At the Quality Deer Management Association’s 14th annual national convention in Athens, Ga., during the last weekend in July, the creation of what promises to be the largest hunting group in the world was announced. It’s called the National Deer Alliance, and it aims to advocate for every deer hunter in the U.S. This sounds lofty, though, and maybe a little unattainable. So Outdoor Life sat down with Craig Dougherty, an OL contributor and the NDA’s newly appointed Executive Director, to get some insight and details about the goals and function of the new group.
OUTDOOR LIFE: Why a national deer organization? We already have conservation groups for most huntable species.
CRAIG DOUGHERTY: Things are not universally well in our deer world. We’ve seen some real problems with both whitetails and mule deer, and the NDA is committed to addressing those problems and working toward a solution.
OL: But what if deer population declines are just a natural correction from an artificially high population?

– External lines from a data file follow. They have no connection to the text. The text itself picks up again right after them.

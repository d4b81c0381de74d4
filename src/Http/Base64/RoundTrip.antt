-- ===== src/Http/Base64/RoundTrip.antt =====
-- Decoding what was encoded, and the lengths of both.
use tst.Common.{
  length-append, arith, append-nil, refl, sym, ap, ◌∙◌, none, [], ◌∷◌, zero, suc, ◌+◌, ◌*◌, ◌/◌,
  ◌<◌, ◌≡◌, ◌++◌, ℕ, Bytes, Option, length, All,
}
use tst.Http.Base64.Bits.{first_value, second_value, third_value, fourth_value, b64reverse_end}
use tst.Http.Base64.{
  first_letter, second_letter, third_letter, fourth_letter, encode_loop, pad, encoded,
  base64_encode, decode_group, decode_loop, base64_decode,
}

abbrev pub IsByte : ℕ → Type 0
IsByte b = b < 256

decode_group-three :
    (i a b c : ℕ) (more : Bytes × Option ℕ)
    → a < 256
    → b < 256
    → c < 256
    → decode_group i (first_letter a) (second_letter a b) (third_letter b c) (fourth_letter c) more
      ≡ (a ∷ b ∷ c ∷ more.0, more.1)
unfolding decode_group
decode_group-three i a b c more ha hb hc =
    rw (first_value a ha, second_value a b ha hb, third_value b c hb hc, fourth_value c hc)
      (ground arith)

decode_group-two :
    (i a b : ℕ) (more : Bytes × Option ℕ)
    → a < 256
    → b < 256
    → decode_group i (first_letter a) (second_letter a b) (third_letter b 0) b'=' more
      ≡ (a ∷ b ∷ more.0, more.1)
unfolding decode_group
decode_group-two i a b more ha hb =
    rw (first_value a ha, second_value a b ha hb, third_value b 0 hb (omega arith), b64reverse_end)
      (ground arith)

decode_group-one :
    (i a : ℕ) (more : Bytes × Option ℕ)
    → a < 256
    → decode_group i (first_letter a) (second_letter a 0) b'=' b'=' more ≡ (a ∷ more.0, more.1)
unfolding decode_group
decode_group-one i a more ha =
    rw (first_value a ha, second_value a 0 ha (omega arith), b64reverse_end) (ground arith)

pad-add_four : (fuel j k : ℕ) → k ≡ j + 4 → pad fuel k ≡ pad fuel j
unfolding pad
pad-add_four zero j k e = refl
pad-add_four (suc fuel) j k e = ground (arith, pad-add_four fuel (j + 1) (k + 1))

encoded-cons :
    (a b c : ℕ) (rest : Bytes)
    → encoded (a ∷ b ∷ c ∷ rest)
      ≡ first_letter a ∷ second_letter a b ∷ third_letter b c ∷ fourth_letter c ∷ encoded rest
unfolding encoded
encoded-cons a b c rest =
    ap
      (λ (p : Bytes).
        first_letter a
        ∷ second_letter a b
        ∷ third_letter b c
        ∷ fourth_letter c
        ∷ (encode_loop rest ++ p))
      (pad-add_four 3 (length (encode_loop rest)) _ (omega arith))

-- Decoding what was encoded gives the bytes back, and goes on with whatever follows.
decode-encoded_append :
    (src rest : Bytes) (i j : ℕ)
    → All IsByte src
    → j ≡ i + length (encoded src)
    → decode_loop i (encoded src ++ rest) ≡ (src ++ (decode_loop j rest).0, (decode_loop j rest).1)
unfolding decode_loop
decode-encoded_append [] rest i j h e = unfold encoded in rw (let e' : j ≡ i = omega arith in e')
decode-encoded_append (a ∷ []) rest i j h e =
    unfold encoded in rw (decode_group-one i a _ h.0) (rw (let e' : j ≡ i + 4 = omega arith in e'))
decode-encoded_append (a ∷ b ∷ []) rest i j h e =
    unfold encoded in
    rw (decode_group-two i a b _ h.0 h.1.0) (rw (let e' : j ≡ i + 4 = omega arith in e'))
decode-encoded_append (a ∷ b ∷ c ∷ src) rest i j h e = rw (encoded-cons a b c src) (
    decode_group-three i a b c _ h.0 h.1.0 h.1.1.0
    ∙ ap (λ (r : Bytes × Option ℕ). (a ∷ b ∷ c ∷ r.0, r.1))
        (decode-encoded_append src rest (i + 4) j h.1.1.1
          (e ∙ omega (arith, ap length (encoded-cons a b c src)))))

-- For every sequence of bytes, decoding its encoding succeeds and returns exactly that sequence.
pub decode-encode : (src : Bytes) → All IsByte src → base64_decode (encoded src) ≡ (src, none)
unfolding base64_decode
decode-encode src h =
    ap (λ (s : Bytes). decode_loop 0 s) (sym (append-nil (encoded src)))
    ∙ decode-encoded_append src [] 0 (length (encoded src)) h (omega arith)
    ∙ ap (λ (s : Bytes). (s, none)) (append-nil src)

-- The encoder writes four letters for each three bytes begun, and the terminating 0.
pub length-base64_encode : (src : Bytes) → length (base64_encode src) ≡ (length src + 2) / 3 * 4 + 1
unfolding base64_encode
length-base64_encode [] = refl
length-base64_encode (a ∷ []) = refl
length-base64_encode (a ∷ b ∷ []) = refl
length-base64_encode (a ∷ b ∷ c ∷ src) = omega (
  arith,
  length-append (encoded (a ∷ b ∷ c ∷ src)) (0 ∷ []),
  length-append (encoded src) (0 ∷ []),
  ap length (encoded-cons a b c src),
  length-base64_encode src,
)
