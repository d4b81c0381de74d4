-- ===== src/Http/Types.antt =====
-- amiproc/http.h: what a request and a response hold, and what a connection keeps in `user_data`.
use tst.Common.{ℕ, Bool, List, Bytes, Option}

-- `REQUEST_INFO` once its header is parsed. A pointer into the receive buffer is the text that it
-- points to; `body_string` has no field, since nothing reads it. A header line without a colon has no
-- value: a null pointer. `version_at` is where `http_version` points in the receive buffer.
pub record Request : Type 0 where
  pub request_method : Bytes
  pub request_uri : Bytes
  pub query_string : Bytes
  pub http_version : Bytes
  pub version_at : ℕ
  pub http_headers : List (Bytes × Option Bytes)

-- `WS_INFO`. `data` points to the memory of the receive buffer and has no field; `websocket_func` is
-- the address of a handler, 0 for none.
pub record WsInfo : Type 0 where
  pub opcode : ℕ
  pub data_len : ℕ
  pub mask : Bytes
  pub step : ℕ
  pub is_masked : Bool
  pub is_text : Bool
  pub is_bin : Bool
  pub is_close : Bool
  pub is_ping : Bool
  pub is_pong : Bool
  pub websocket_func : ℕ

pub data User : Type 0 where
  http_request : Request → User
  ws_base : WsInfo → User
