-- ===== src/Http/UrlDecode.antt =====
-- amiproc/http.cpp, `urlDecodeRewite`: percent-decoding in place. The write index never passes the
-- read index, and each place is written in its own round only, so a round sees the text from the
-- read index on, and from the write index on the memory as it was.
pub mod Laws
use tst.Common.{
  refl, sym, ap, subst, ◌∙◌, none, some, [], ◌∷◌, inl, inr, zero, suc, ◌+◌, ◌-◌, ◌*◌, ◌/◌, ◌%◌, ◌^◌,
  ◌≤◌, ◌<◌, ◌≡◌, ◌≢◌, ◌↔◌, ◌⊎◌, ◌++◌, ◌==◌, if◌then◌else◌, ℕ, Bool, true, false, ◌&&◌, ◌||◌, Bytes,
  leb, not,
}

abbrev within : ℕ → ℕ → ℕ → Bool
within lo hi c = leb lo c && leb c hi

-- `isxdigit`
unfoldable pub is_xdigit : ℕ → Bool
is_xdigit c = within b'0' b'9' c || within b'a' b'f' c || within b'A' b'F' c

-- The value of a hexadecimal digit, as `strtol` reads it.
unfoldable pub hex_value : ℕ → ℕ
hex_value c =
    if within b'0' b'9' c
    then c - b'0'
    else if within b'a' b'f' c
    then c - b'a' + 10
    else c - b'A' + 10

-- What memory holds at the write index.
abbrev old_byte : Bytes → ℕ
old_byte [] = 0
old_byte (c ∷ cs) = c

abbrev old_rest : Bytes → Bytes
old_rest [] = []
old_rest (c ∷ cs) = cs

-- `old` is the memory from the write index on, the other argument the text from the read index on.
-- A `%` with fewer than two bytes behind it ends the loop; one before anything but two digits takes
-- a place and writes nothing there.
unfoldable pub decode_from : Bytes → Bytes → Bytes
unfolding is_xdigit hex_value
decode_from old [] = []
decode_from old (c ∷ []) = if c == b'%' then [] else c ∷ []
decode_from old (c ∷ x ∷ []) =
    let rest = decode_from (old_rest old) (x ∷ []) in if c == b'%' then [] else c ∷ rest
decode_from old (c ∷ x ∷ y ∷ rest) =
    let literal = decode_from (old_rest old) (x ∷ y ∷ rest) in
    let decoded = decode_from (old_rest old) rest in
    if c == b'%'
    then (if is_xdigit x && is_xdigit y
        then (hex_value x * 16 + hex_value y) ∷ decoded
        else old_byte old ∷ literal)
    else c ∷ literal

-- The text before the terminating 0 that the function writes.
unfoldable pub url_decode : Bytes → Bytes
unfolding decode_from
url_decode str = decode_from str str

CD: In some places, the decline has been needed and planned, but in other places, it’s been drastic. The first real crisis we’ve had in the deer world. One in four states have seen a 20 percent decline or more in the past decade. Iowa has seen a 49 percent reduction in deer in the last decade. In all, we’ve lost 5 million whitetails.
OL: What can the NDA do about these big, systemic issues, like population declines?
CD: The old way of thinking was that we could knock the snot out of deer populations and they’d bounce back. But we’re seeing that they’re not bouncing back. There are big problems: CWD, EHD, habitat loss, predators, lack of funding and deer management at state game agencies. We want to bring our resources to help address each of these issues individually and collectively.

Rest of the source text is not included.